> [DATA EXTRACT]
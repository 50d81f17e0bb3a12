-- ===== src/Base/Methods.antt =====
-- A method of an object: a function from the object to the object and an outcome, so that what was
-- changed stays changed where the method throws.
use game_network.Base.Results.{Result, ok, throws, fault}

abbrev pub Method : Type 0 → Type 0 → Type 0
Method S A = S → S × Result A

-- `f` goes on from a value, and nothing does from a failure.
abbrev pub continue_with : {S A B : Type 0} → Result A → (A → Method S B) → Method S B
continue_with (ok a) f s = f a s
continue_with (throws e) f s = (s, throws e)
continue_with fault f s = (s, fault)

infixl 5 ◌>>=◌ ◌>>◌
abbrev pub ◌>>=◌ : {S A B : Type 0} → Method S A → (A → Method S B) → Method S B
◌>>=◌ m f s = continue_with (m s).1 f (m s).0

abbrev pub ◌>>◌ : {S B : Type 0} → Method S (Unit {0}) → Method S B → Method S B
m >> k = m >>= λ _. k

abbrev pub lift : {S A : Type 0} → Result A → Method S A
lift r s = (s, r)

abbrev pub modify : {S : Type 0} → (S → S) → Method S (Unit {0})
modify f s = (f s, ok tt)

abbrev pub get : {S A : Type 0} → (S → A) → Method S A
get f s = (s, ok (f s))

-- Where the object has `P`, the method leaves it with `Q`, whatever it comes to.
abbrev pub Leads : {S A : Type 0} → (S → Type 0) → (S → Type 0) → Method S A → Type 0
Leads {S} P Q m = (s : S) → P s → Q (m s).0

-- A value is gone on from, and a failure leaves the object as it is.
pub continue-Leads :
    {S A B : Type 0} (P Q : S → Type 0) (r : Result A) (f : A → Method S B) {s : S}
    → ((t : S) → P t → Q t)
    → ((a : A) → Leads P Q (f a))
    → P s
    → Q (continue_with r f s).0
continue-Leads P Q (ok a) f {s} k l p = l a s p
continue-Leads P Q (throws e) f {s} k l p = k s p
continue-Leads P Q fault f {s} k l p = k s p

> [WHAT TO DO] Give all of the entries again, word for word.

> [TASK SOLUTION]
repository 50d81f17e0bb3a12
-- ===== src/Base/Methods.antt =====
-- A method of an object: a function from the object to the object and an outcome, so that what was
-- changed stays changed where the method throws.
use game_network.Base.Results.{Result, ok, throws, fault}

abbrev pub Method : Type 0 → Type 0 → Type 0
Method S A = S → S × Result A

-- `f` goes on from a value, and nothing does from a failure.
abbrev pub continue_with : {S A B : Type 0} → Result A → (A → Method S B) → Method S B
continue_with (ok a) f s = f a s
continue_with (throws e) f s = (s, throws e)
continue_with fault f s = (s, fault)

infixl 5 ◌>>=◌ ◌>>◌
abbrev pub ◌>>=◌ : {S A B : Type 0} → Method S A → (A → Method S B) → Method S B
◌>>=◌ m f s = continue_with (m s).1 f (m s).0

abbrev pub ◌>>◌ : {S B : Type 0} → Method S (Unit {0}) → Method S B → Method S B
m >> k = m >>= λ _. k

abbrev pub lift : {S A : Type 0} → Result A → Method S A
lift r s = (s, r)

abbrev pub modify : {S : Type 0} → (S → S) → Method S (Unit {0})
modify f s = (f s, ok tt)

abbrev pub get : {S A : Type 0} → (S → A) → Method S A
get f s = (s, ok (f s))

-- Where the object has `P`, the method leaves it with `Q`, whatever it comes to.
abbrev pub Leads : {S A : Type 0} → (S → Type 0) → (S → Type 0) → Method S A → Type 0
Leads {S} P Q m = (s : S) → P s → Q (m s).0

-- A value is gone on from, and a failure leaves the object as it is.
pub continue-Leads :
    {S A B : Type 0} (P Q : S → Type 0) (r : Result A) (f : A → Method S B) {s : S}
    → ((t : S) → P t → Q t)
    → ((a : A) → Leads P Q (f a))
    → P s
    → Q (continue_with r f s).0
continue-Leads P Q (ok a) f {s} k l p = l a s p
continue-Leads P Q (throws e) f {s} k l p = k s p
continue-Leads P Q fault f {s} k l p = k s p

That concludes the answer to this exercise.